Al imaginar al Creador incorrectamente, atribuimos a Él algunas cualidades humanas y sentimientos que nos caracterizan. Seguimos tratando de “convencerlo” esperando que Él cambie de opinión. Es el defecto más serio producido por nuestra naturaleza egoísta.

Desde el principio del tiempo, las personas han estado cometiendo el mismo error: le transfieren sus atributos al mundo circundante. Exigimos y esperamos una reacción incluso de nuestras mascotas. En general, esperamos encontrar similitud con nosotros y correspondencia con nuestra imaginación en todos los niveles de la naturaleza, incluyendo al hablante.

Aquí es donde la sabiduría de la Cabalá difiere radicalmente de todas las religiones y sistemas de creencia. Está escrito: “La Ley está establecida y no puede ser quebrantada”, “Yo no cambié mi HaVaYaH“. La Luz Superior permanece en reposo absoluto, y todos los cambios tienen lugar sólo en las vasijas. O le apuesto a que el Creador cambie o sé que debo cambiar yo mismo.

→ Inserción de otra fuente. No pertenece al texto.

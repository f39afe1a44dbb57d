-- ===== src/Server/Phases.antt =====
-- The phases of a GameServer as an abstract machine, and that a pass follows it.
use gobehost_operator.Prelude.{
  ◌≡◌, refl, inl, inr, true, String, none, some, leb, not, Bool-cases, Option-cases,
}
use gobehost_operator.Kube.{Time, Service, StatefulSet}
use gobehost_operator.Api.{GameServerPhase, provisioning, running, stopping, failed, GameServer}
use gobehost_operator.Cluster.{ApiError, Response, ok, err, Call, Log, Api, is_some}
use gobehost_operator.Cluster.Footprint.{Extends, Makes, Makes-if, footprint}
use gobehost_operator.Adapter.{GameAdapter, Registry, get_adapter}
use gobehost_operator.Reconciler.{
  build_service, build_headless_service, build_stateful_set, set_phase, set_ready,
  update_address-phase,
}
use gobehost_operator.Server.Edits.{
  is_new, provision, has_finalizer, report_workload, report_address, observe_generation,
  adapter_missing,
}
use gobehost_operator.Server.Control.{
  give_up, report, apply_external, apply_workload, apply_headless, provide, add_finalizer,
  remove_finalizer, await_scale_down, scale_down, finalize_server, reconcile_found,
}

-- The phases that a pass over a GameServer may report: the one it had; Provisioning, if it was new, or
-- Running, if there is an adapter for its game; Failed, if there is none; Stopping, if it is being
-- deleted.
pub data Reports (registry : Registry) (gs : GameServer) : GameServerPhase → Type 0 where
  kept : Reports registry gs gs.status.phase
  provisions :
      (a : GameAdapter)
      → get_adapter registry gs ≡ some a
      → is_new gs.status.phase ≡ true
      → Reports registry gs provisioning
  runs : (a : GameAdapter) → get_adapter registry gs ≡ some a → Reports registry gs running
  fails : get_adapter registry gs ≡ none → Reports registry gs failed
  stops : is_some gs.meta.deletion_timestamp ≡ true → Reports registry gs stopping

-- The call, where it writes the status of a GameServer, reports such a phase.
abbrev pub Follows : Registry → GameServer → Call → Type 0
Follows registry gs (Call.update_server_status written) = Reports registry gs written.status.phase
Follows registry gs _ = Unit

report_address-phase :
    (gs : GameServer) (found : Response Service)
    → (report_address gs found).status.phase ≡ gs.status.phase
unfolding report_address
report_address-phase gs (err e) = refl
report_address-phase gs (ok svc) = update_address-phase gs svc

module _ (api : Api) (registry : Registry) (gs : GameServer) where
  Follows-give_up :
      (gs' : GameServer) (reason message : String) (e : ApiError)
      → Reports registry gs gs'.status.phase
      → Makes (Follows registry gs) (give_up api gs' reason message e)
  unfolding give_up set_ready
  Follows-give_up gs' reason message e m = search (footprint, m)

  reported :
      (t : Time) (gs' : GameServer) (found : Response StatefulSet) (address : Response Service)
      (a : GameAdapter)
      → get_adapter registry gs ≡ some a
      → Reports registry gs gs'.status.phase
      → Reports registry gs
          (observe_generation (report_address (report_workload t gs' found) address)).status.phase
  unfolding report_workload set_phase set_ready
  reported t gs' (err e) address a h m = rw (report_address-phase gs' address) m
  reported t gs' (ok sts) address a h m = elim (Bool-cases (leb 1 sts.ready_replicas)) [
    | inl l ↦ rw (l, report_address-phase) (runs a h)
    | inr l ↦ rw (l, report_address-phase) m
  ]

  Follows-report :
      (gs' : GameServer) (sts : StatefulSet) (svc : Service) (a : GameAdapter)
      → get_adapter registry gs ≡ some a
      → Reports registry gs gs'.status.phase
      → Makes (Follows registry gs) (report api gs' sts svc)
  unfolding report
  Follows-report gs' sts svc a h m =
      let written : (t : Time) (found : Response StatefulSet) (address : Response Service)
          → Reports registry gs
              (observe_generation
                (report_address (report_workload t gs' found) address)).status.phase =
        λ t found address. reported t gs' found address a h m in
      search (footprint, written) depth 9

  Follows-apply_external :
      (gs' : GameServer) (sts : StatefulSet) (a : GameAdapter)
      → get_adapter registry gs ≡ some a
      → Reports registry gs gs'.status.phase
      → Makes (Follows registry gs) (apply_external api gs' sts)
  unfolding apply_external
  Follows-apply_external gs' sts a h m =
      let svc = build_service gs' in
      elim (Option-cases (api.set_controller_reference gs'.meta svc.meta)) [
        | inl e ↦ rw (e, apply_external) (search (footprint))
        | inr (meta, e) ↦
            rw (e, apply_external) (search (footprint, Follows-give_up, Follows-report, h, m))
      ]

  Follows-apply_workload :
      (gs' : GameServer) (a : GameAdapter)
      → get_adapter registry gs ≡ some a
      → Reports registry gs gs'.status.phase
      → Makes (Follows registry gs) (apply_workload api registry gs')
  unfolding apply_workload
  Follows-apply_workload gs' a h m = elim (Option-cases (build_stateful_set registry gs')) [
    | inl b ↦ rw (b, apply_workload) (search (footprint))
    | inr (sts, b) ↦
        rw (b, apply_workload)
          (elim (Option-cases (api.set_controller_reference gs'.meta sts.meta)) [
            | inl e ↦ rw e (search (footprint))
            | inr (meta, e) ↦
                rw e (search (footprint, Follows-give_up, Follows-apply_external, h, m))
          ])
  ]

  Follows-apply_headless :
      (gs' : GameServer) (a : GameAdapter)
      → get_adapter registry gs ≡ some a
      → Reports registry gs gs'.status.phase
      → Makes (Follows registry gs) (apply_headless api registry gs')
  unfolding apply_headless
  Follows-apply_headless gs' a h m =
      let svc = build_headless_service gs' in
      elim (Option-cases (api.set_controller_reference gs'.meta svc.meta)) [
        | inl e ↦ rw (e, apply_headless) (search (footprint))
        | inr (meta, e) ↦
            rw (e, apply_headless)
              (search (footprint, Follows-give_up, Follows-apply_workload, h, m))
      ]

  adapter_missing-Reports :
      (t : Time)
      → get_adapter registry gs ≡ none
      → Reports registry gs (adapter_missing api.quote t gs).status.phase
  unfolding adapter_missing set_phase set_ready
  adapter_missing-Reports t h = fails h

  provision-Reports :
      (a : GameAdapter)
      → get_adapter registry gs ≡ some a
      → Reports registry gs (provision gs).status.phase
  unfolding provision set_phase
  provision-Reports a h = elim (Bool-cases (is_new gs.status.phase)) [
    | inl n ↦ rw n (provisions a h n)
    | inr n ↦ rw n kept
  ]

  Follows-provide : Makes (Follows registry gs) (provide api registry gs)
  unfolding provide
  Follows-provide = elim (Option-cases (get_adapter registry gs)) [
    | inl h ↦
        let missing : (t : Time)
            → Reports registry gs (adapter_missing api.quote t gs).status.phase =
          λ t. adapter_missing-Reports t h in
        rw (h, provide) (search (footprint, missing))
    | inr (a, h) ↦
        rw (h, provide) (Follows-apply_headless (provision gs) a h (provision-Reports a h))
  ]

  Follows-remove_finalizer :
      (gs' : GameServer) → Makes (Follows registry gs) (remove_finalizer api gs')
  unfolding remove_finalizer
  Follows-remove_finalizer gs' = search (footprint)

  Follows-await_scale_down :
      (gs' : GameServer) (sts : StatefulSet)
      → Reports registry gs gs'.status.phase
      → Makes (Follows registry gs) (await_scale_down api gs' sts)
  unfolding await_scale_down
  Follows-await_scale_down gs' sts m = search (footprint, m, Follows-remove_finalizer)

  Follows-scale_down :
      (gs' : GameServer) (sts : StatefulSet)
      → Reports registry gs gs'.status.phase
      → Makes (Follows registry gs) (scale_down api gs' sts)
  unfolding scale_down
  Follows-scale_down gs' sts m = search (footprint, m, Follows-await_scale_down)

  Follows-finalize_server :
      is_some gs.meta.deletion_timestamp ≡ true
      → Makes (Follows registry gs) (finalize_server api gs)
  unfolding finalize_server set_phase
  Follows-finalize_server deleted =
      let stopped : Reports registry gs (set_phase gs stopping).status.phase = stops deleted in
      search (footprint, Follows-scale_down, stopped, Follows-remove_finalizer) depth 9

  Follows-add_finalizer : Makes (Follows registry gs) (add_finalizer api gs)
  unfolding add_finalizer
  Follows-add_finalizer = search (footprint)

  Follows-reconcile_found : Makes (Follows registry gs) (reconcile_found api registry gs)
  unfolding reconcile_found
  Follows-reconcile_found = elim (Bool-cases (is_some gs.meta.deletion_timestamp)) [
    | inl d ↦ rw (d, reconcile_found) (Follows-finalize_server d)
    | inr d ↦
        rw (d, reconcile_found)
          (Makes-if (not (has_finalizer gs)) (add_finalizer api gs) (provide api registry gs)
            Follows-add_finalizer Follows-provide)
  ]

-- Every status that a pass over a GameServer writes has a phase that the machine allows: the one that
-- was read, Provisioning for a new one and Running only with an adapter for its game, Failed only
-- without one, and Stopping only if it is being deleted.
pub reconcile_found-Follows :
    (api : Api) (registry : Registry) (gs : GameServer) (log : Log)
    → Extends (Follows registry gs) log (reconcile_found api registry gs log).1
reconcile_found-Follows api registry gs log = (Follows-reconcile_found api registry gs).at log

Mi plegaria está “atada” a mí. Rezar significa juzgarme y cambiar. Esta es la única manera en la que puedo causar una respuesta diferente de la ley inamovible. Este es todo el punto. Las religiones no hablan acerca de la transformación del hombre; estas sugieren que debo “sobornar” al Creador al realizar acciones mecánicas o rezos apasionados. Las personas esperan que esto los ayude, aun cuando la historia humana prueba que la realidad es lo opuesto.

La Cabalá afirma que tu eres el que cambia y nadie más. Continúa apelando al Creador como lo hacías antes, sólo que con una razón diferente: esta es Su voluntad, y lo haces en contra de tu propio deseo.

Sólo quédate ante la Luz. Al cambiarte y llegar a ser similar a Él en propiedades, comienzas a percibir Su influencia la cual previamente permanecía fuera de tus sentidos. Te conviertes en una vasija para la Luz y creces hasta que esta te llena.

Anticipar la Luz Superior no significa silbar para que venga el viento. Haz un movimiento interno hacia Él, desea cambiar, y te afectará. Todos los cambios que observamos en la Luz son cambios dentro de nosotros.

(30067 – De la 1º parte de la lección diaria de Cabalá del 17 de Diciembre del 2010, “El Creador creó la inclinación al mal, y Él creó la Torá como una especia”)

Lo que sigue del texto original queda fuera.